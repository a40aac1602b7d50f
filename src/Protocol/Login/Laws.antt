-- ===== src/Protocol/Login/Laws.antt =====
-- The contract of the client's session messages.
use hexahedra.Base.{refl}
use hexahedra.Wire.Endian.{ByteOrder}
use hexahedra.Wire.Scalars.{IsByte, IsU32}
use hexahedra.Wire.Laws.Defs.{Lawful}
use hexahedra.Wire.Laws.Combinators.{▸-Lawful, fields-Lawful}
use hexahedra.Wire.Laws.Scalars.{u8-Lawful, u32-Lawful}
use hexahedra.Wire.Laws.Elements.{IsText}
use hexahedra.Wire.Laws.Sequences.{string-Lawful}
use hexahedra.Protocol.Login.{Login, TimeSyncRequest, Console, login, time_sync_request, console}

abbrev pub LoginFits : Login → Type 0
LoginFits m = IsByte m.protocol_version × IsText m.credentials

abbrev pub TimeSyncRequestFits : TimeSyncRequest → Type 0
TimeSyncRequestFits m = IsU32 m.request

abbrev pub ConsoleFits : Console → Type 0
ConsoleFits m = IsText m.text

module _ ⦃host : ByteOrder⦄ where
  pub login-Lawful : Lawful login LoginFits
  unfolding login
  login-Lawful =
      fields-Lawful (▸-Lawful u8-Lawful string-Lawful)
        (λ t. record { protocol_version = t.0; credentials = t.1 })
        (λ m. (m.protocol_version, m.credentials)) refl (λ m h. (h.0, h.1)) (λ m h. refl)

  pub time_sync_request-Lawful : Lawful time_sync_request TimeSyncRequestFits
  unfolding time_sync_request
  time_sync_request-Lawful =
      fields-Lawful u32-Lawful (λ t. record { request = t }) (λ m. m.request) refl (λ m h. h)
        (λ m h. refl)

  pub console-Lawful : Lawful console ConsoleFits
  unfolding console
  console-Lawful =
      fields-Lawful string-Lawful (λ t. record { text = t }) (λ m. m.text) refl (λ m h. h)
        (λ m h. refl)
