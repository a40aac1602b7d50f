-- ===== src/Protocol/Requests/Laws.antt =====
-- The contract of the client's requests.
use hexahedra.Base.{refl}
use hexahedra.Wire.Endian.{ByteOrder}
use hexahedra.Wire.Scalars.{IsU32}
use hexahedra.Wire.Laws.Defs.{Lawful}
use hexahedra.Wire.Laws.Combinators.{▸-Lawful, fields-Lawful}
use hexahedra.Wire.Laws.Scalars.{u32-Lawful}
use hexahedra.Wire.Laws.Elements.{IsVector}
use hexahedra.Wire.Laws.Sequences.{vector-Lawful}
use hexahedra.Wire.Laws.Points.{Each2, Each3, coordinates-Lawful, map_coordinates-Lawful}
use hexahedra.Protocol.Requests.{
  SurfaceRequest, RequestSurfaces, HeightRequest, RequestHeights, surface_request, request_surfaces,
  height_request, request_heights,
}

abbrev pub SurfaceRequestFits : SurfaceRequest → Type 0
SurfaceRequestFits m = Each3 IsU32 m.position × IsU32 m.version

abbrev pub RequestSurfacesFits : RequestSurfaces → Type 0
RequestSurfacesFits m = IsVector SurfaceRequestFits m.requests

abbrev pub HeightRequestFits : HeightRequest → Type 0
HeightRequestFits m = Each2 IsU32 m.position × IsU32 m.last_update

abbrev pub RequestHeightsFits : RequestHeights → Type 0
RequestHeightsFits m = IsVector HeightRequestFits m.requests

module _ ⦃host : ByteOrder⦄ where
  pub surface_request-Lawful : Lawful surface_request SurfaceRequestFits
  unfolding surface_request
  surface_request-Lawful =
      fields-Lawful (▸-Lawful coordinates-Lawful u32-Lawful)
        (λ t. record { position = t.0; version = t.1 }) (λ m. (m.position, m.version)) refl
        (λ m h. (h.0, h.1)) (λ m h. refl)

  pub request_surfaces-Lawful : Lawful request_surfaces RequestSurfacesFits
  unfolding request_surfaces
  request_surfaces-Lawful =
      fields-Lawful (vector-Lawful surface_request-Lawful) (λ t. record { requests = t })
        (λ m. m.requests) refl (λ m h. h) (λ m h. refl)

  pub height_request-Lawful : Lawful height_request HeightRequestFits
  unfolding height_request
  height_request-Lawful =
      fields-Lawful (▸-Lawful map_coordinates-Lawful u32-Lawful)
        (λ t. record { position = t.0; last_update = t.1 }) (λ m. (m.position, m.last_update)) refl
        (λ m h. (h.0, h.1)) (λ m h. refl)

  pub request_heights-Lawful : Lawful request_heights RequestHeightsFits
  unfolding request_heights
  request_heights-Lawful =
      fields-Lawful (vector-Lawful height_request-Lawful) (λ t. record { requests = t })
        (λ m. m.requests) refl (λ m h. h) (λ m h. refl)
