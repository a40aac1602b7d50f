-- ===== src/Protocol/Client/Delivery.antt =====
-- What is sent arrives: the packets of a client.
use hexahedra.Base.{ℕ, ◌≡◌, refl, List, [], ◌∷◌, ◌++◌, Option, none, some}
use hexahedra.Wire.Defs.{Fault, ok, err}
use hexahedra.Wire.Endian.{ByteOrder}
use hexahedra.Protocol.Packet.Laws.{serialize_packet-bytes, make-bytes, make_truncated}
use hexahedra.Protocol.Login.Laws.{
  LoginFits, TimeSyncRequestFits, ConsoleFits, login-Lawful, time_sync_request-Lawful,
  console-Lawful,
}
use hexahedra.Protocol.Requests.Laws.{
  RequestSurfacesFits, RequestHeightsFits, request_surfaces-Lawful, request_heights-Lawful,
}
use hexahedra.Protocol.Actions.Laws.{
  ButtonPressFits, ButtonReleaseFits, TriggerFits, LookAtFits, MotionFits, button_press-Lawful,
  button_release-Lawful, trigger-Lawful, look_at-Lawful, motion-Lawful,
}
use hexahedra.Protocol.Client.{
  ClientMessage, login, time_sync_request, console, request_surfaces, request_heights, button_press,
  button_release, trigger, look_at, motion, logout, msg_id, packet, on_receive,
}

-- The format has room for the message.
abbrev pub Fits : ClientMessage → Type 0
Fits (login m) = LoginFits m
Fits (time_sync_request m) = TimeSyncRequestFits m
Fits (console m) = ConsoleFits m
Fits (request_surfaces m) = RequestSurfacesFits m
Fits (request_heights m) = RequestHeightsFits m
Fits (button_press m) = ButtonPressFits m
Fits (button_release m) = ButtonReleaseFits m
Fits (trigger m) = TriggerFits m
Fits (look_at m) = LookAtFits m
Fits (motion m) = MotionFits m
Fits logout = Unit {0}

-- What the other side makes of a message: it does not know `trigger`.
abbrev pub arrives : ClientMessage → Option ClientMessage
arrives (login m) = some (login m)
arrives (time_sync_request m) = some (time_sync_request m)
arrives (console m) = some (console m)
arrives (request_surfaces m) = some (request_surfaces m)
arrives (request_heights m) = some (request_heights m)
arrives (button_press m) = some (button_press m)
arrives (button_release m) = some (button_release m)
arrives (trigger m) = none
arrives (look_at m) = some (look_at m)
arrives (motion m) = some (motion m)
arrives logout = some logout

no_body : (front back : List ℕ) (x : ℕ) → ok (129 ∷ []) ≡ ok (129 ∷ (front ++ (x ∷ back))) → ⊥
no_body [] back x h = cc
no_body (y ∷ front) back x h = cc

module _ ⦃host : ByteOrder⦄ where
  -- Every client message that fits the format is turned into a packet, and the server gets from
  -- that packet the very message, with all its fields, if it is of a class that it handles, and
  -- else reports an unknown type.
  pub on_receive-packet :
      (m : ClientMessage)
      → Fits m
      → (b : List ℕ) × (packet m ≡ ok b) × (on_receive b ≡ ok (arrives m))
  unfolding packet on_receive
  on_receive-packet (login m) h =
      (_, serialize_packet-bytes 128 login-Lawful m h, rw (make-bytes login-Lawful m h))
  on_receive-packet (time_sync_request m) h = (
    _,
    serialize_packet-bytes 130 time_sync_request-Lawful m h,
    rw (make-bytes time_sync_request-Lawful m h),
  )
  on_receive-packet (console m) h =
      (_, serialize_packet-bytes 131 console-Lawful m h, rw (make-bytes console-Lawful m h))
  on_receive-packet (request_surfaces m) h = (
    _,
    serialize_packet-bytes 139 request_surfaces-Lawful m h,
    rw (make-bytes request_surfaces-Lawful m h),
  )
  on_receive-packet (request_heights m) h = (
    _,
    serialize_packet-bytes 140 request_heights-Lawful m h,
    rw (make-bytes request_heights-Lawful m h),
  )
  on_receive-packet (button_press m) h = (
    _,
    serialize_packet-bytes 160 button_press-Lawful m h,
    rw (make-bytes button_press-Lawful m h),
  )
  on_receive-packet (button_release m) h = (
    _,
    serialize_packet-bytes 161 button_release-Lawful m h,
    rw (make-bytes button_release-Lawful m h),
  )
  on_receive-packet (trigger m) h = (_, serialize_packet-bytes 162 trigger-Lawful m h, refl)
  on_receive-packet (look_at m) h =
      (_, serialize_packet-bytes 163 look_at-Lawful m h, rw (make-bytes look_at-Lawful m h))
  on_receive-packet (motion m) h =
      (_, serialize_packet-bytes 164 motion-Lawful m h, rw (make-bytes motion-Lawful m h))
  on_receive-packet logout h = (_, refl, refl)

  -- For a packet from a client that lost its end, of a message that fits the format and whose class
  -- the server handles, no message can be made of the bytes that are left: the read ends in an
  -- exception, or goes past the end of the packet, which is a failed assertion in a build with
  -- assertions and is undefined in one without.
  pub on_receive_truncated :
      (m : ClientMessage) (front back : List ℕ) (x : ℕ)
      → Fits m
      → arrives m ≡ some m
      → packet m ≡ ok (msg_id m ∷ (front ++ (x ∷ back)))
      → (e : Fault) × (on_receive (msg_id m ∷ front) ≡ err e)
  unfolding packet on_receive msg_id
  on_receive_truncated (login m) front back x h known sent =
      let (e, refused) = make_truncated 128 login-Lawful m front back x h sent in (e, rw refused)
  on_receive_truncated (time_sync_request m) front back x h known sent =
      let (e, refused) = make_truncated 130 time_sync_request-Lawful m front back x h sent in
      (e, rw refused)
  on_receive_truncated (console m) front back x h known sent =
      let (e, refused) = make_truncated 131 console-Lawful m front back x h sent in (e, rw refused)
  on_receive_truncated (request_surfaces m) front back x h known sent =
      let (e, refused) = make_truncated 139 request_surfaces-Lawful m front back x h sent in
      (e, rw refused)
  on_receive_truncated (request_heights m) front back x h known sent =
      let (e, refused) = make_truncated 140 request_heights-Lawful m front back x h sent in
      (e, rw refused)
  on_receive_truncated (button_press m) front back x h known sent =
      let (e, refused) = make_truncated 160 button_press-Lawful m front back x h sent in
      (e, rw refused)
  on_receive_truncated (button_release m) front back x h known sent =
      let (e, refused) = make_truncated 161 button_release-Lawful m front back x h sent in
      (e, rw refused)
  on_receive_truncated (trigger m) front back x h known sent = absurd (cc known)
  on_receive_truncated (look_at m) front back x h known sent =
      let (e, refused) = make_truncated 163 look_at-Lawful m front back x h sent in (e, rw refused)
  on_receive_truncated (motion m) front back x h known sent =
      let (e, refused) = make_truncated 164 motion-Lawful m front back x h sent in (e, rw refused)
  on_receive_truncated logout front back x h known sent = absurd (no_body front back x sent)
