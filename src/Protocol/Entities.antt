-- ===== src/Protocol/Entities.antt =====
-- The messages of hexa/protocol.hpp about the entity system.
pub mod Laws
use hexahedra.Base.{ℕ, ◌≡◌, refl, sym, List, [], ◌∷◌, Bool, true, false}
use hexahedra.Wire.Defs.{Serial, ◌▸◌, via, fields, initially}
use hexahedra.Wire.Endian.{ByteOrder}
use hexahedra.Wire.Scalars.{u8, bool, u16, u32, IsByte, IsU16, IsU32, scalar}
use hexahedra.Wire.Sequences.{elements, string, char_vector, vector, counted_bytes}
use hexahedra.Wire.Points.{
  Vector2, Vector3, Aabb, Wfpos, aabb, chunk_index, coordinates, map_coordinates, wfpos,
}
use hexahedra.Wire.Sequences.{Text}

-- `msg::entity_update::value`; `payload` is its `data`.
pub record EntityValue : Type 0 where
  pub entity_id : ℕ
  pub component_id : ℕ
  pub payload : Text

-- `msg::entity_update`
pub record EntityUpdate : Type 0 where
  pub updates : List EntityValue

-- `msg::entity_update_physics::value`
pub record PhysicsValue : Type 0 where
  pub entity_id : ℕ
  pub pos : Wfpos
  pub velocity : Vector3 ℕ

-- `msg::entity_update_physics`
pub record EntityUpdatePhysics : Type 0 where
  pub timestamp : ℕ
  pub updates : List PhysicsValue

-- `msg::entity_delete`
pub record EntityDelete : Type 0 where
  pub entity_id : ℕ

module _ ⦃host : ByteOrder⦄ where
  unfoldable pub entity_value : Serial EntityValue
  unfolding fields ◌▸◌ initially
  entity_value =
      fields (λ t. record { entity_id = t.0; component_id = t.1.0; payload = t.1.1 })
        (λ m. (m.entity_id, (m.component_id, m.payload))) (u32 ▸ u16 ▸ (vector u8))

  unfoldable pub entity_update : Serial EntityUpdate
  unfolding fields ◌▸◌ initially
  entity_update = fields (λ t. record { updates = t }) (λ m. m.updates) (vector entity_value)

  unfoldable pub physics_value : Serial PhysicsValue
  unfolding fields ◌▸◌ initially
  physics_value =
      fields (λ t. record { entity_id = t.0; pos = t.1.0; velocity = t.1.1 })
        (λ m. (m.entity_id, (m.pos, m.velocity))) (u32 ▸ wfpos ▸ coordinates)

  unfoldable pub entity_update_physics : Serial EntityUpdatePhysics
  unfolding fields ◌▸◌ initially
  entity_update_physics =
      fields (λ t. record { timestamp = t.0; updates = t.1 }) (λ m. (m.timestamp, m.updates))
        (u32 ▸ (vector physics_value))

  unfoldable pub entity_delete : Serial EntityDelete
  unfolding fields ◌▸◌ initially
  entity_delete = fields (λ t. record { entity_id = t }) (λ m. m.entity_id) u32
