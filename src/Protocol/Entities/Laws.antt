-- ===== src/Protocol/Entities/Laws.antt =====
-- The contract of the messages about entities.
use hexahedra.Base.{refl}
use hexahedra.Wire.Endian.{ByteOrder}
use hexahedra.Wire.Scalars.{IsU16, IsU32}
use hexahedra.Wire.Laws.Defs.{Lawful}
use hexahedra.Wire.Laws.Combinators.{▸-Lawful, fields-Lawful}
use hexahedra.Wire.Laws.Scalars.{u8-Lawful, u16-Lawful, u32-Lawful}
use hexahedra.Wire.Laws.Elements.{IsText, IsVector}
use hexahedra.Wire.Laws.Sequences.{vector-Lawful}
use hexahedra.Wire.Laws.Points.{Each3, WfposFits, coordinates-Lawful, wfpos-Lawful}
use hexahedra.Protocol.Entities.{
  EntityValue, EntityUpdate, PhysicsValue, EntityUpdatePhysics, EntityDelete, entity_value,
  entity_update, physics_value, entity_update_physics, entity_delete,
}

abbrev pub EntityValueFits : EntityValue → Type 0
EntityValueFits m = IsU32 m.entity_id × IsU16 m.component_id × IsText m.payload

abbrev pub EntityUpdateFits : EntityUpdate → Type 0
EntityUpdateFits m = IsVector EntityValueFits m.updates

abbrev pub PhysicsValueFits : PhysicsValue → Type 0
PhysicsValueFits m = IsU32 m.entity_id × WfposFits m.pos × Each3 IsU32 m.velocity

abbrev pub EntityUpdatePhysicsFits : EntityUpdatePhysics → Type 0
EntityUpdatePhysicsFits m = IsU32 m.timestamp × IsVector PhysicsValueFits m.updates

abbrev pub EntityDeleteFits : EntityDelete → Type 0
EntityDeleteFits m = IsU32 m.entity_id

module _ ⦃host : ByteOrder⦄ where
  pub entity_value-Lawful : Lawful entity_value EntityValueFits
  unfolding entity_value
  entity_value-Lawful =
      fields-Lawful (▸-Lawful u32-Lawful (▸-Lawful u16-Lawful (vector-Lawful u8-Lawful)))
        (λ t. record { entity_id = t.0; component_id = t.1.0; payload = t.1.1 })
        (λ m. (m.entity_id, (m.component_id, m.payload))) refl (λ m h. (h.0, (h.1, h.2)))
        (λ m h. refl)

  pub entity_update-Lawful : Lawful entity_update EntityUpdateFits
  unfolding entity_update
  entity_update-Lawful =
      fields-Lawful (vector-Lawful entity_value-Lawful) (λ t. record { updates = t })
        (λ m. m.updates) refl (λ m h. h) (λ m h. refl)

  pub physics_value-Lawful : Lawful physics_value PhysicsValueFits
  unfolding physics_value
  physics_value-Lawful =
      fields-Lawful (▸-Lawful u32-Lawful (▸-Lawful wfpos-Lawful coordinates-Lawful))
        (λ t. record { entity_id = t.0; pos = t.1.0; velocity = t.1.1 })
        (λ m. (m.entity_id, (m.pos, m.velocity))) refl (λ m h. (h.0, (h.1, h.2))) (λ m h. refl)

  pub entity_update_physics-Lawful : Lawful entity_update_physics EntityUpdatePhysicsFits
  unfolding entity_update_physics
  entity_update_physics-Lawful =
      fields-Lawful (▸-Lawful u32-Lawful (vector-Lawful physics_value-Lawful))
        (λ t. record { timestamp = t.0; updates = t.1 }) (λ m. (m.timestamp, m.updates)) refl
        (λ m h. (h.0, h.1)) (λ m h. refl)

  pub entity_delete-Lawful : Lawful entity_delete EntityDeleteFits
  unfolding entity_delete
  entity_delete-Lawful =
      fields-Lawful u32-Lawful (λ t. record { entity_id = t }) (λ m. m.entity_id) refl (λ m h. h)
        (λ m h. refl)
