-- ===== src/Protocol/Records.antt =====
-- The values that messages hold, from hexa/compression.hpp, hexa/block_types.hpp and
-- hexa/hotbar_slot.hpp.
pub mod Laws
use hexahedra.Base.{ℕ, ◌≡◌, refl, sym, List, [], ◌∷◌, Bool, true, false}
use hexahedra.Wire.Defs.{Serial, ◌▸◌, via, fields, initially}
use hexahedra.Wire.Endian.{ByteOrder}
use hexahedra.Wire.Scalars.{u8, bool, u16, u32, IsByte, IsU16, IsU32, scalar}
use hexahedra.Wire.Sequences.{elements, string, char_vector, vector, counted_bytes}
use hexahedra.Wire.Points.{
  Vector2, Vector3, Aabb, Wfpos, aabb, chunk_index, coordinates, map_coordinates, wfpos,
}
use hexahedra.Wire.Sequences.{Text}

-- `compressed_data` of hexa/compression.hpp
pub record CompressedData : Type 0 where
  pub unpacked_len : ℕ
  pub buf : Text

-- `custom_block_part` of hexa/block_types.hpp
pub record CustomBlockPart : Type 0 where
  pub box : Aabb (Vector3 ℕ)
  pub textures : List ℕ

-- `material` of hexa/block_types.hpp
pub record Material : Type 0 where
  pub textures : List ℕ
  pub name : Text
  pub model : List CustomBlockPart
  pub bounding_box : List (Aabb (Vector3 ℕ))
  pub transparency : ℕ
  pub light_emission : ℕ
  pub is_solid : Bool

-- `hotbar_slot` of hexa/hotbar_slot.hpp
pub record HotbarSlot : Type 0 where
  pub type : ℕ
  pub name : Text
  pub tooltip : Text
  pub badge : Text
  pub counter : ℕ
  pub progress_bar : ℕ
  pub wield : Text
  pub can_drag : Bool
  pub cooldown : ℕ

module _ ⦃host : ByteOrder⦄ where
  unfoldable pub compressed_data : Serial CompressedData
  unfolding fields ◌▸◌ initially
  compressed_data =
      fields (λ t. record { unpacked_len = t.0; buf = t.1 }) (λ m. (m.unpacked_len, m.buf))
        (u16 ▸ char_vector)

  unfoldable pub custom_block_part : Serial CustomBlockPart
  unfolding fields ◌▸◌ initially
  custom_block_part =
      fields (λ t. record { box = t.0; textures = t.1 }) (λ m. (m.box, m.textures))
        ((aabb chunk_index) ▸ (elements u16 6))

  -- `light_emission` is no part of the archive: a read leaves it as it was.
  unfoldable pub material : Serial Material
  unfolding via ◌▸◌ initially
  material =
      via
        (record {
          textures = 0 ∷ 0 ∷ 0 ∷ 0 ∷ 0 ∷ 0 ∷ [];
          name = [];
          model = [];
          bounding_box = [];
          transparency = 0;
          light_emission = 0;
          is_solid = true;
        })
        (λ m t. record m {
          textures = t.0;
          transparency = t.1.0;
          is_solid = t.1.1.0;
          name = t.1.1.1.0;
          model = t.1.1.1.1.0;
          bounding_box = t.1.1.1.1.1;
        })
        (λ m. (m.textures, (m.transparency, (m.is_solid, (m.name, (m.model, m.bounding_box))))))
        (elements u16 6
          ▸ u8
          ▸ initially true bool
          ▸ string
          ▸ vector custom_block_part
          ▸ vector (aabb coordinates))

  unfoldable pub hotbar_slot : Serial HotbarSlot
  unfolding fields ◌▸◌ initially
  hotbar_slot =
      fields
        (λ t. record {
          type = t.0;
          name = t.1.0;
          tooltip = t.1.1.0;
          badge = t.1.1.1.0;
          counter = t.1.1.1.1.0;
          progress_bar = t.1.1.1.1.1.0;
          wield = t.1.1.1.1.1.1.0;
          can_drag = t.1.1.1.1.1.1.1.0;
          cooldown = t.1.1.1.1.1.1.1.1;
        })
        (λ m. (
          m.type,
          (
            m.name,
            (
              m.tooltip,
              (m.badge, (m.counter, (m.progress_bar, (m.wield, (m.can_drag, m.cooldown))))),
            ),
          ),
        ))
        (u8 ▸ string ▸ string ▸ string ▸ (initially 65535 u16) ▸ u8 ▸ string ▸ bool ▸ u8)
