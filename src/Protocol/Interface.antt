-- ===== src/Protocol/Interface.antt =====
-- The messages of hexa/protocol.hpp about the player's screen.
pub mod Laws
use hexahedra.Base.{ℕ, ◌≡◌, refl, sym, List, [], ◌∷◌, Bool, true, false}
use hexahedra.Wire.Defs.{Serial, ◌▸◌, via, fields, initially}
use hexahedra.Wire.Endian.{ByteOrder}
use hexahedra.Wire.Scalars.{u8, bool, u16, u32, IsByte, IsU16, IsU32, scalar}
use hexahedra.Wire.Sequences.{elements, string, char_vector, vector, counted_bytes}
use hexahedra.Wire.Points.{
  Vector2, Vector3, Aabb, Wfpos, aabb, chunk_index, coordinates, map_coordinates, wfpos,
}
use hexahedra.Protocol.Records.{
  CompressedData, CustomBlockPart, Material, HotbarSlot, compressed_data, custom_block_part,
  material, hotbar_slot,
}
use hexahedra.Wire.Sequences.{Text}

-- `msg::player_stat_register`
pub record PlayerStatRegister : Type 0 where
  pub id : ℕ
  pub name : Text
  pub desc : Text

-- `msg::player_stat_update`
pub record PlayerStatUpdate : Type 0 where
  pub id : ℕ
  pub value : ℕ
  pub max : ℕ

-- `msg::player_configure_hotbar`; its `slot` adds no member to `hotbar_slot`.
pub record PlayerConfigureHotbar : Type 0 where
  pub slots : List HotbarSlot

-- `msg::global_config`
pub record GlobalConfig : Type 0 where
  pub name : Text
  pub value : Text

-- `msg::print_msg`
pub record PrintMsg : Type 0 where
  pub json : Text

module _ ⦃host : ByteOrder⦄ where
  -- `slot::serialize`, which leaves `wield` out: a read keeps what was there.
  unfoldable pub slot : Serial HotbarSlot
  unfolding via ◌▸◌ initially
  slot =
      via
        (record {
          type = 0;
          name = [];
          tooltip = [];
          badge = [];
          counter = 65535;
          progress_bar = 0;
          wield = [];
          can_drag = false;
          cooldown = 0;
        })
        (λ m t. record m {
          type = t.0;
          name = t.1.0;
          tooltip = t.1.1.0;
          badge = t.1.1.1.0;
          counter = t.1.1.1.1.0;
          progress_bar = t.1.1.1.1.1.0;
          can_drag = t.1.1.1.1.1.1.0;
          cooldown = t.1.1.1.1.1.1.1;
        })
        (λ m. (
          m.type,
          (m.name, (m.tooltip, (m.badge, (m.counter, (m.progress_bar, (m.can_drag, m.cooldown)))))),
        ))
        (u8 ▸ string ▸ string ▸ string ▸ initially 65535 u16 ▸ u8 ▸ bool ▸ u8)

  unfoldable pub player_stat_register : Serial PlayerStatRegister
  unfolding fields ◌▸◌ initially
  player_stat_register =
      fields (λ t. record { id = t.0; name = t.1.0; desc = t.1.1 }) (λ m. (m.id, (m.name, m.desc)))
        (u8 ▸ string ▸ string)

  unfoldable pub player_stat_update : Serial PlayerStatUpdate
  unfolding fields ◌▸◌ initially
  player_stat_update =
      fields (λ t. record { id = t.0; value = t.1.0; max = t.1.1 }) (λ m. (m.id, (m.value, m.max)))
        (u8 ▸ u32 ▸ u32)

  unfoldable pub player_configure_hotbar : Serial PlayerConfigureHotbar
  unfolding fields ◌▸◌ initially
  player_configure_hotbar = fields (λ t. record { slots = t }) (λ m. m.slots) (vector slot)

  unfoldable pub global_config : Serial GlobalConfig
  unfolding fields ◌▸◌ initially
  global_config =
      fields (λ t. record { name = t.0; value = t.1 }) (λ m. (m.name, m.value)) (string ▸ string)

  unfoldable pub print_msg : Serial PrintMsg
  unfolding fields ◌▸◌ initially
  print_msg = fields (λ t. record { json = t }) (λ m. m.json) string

+---+

Work task:
In the material above, transcribe exactly the lines beginning at the one with "unfoldable pub hotbar_slot" and ending at the one with "(u8 ▸ string ▸ string ▸ string ▸ (initially", both included.

Answer section:
  unfoldable pub hotbar_slot : Serial HotbarSlot
  unfolding fields ◌▸◌ initially
  hotbar_slot =
      fields
        (λ t. record {
          type = t.0;
          name = t.1.0;
          tooltip = t.1.1.0;
          badge = t.1.1.1.0;
          counter = t.1.1.1.1.0;
          progress_bar = t.1.1.1.1.1.0;
          wield = t.1.1.1.1.1.1.0;
          can_drag = t.1.1.1.1.1.1.1.0;
          cooldown = t.1.1.1.1.1.1.1.1;
        })
        (λ m. (
          m.type,
          (
            m.name,
            (
              m.tooltip,
              (m.badge, (m.counter, (m.progress_bar, (m.wield, (m.can_drag, m.cooldown))))),
            ),
          ),
        ))
        (u8 ▸ string ▸ string ▸ string ▸ (initially 65535 u16) ▸ u8 ▸ string ▸ bool ▸ u8)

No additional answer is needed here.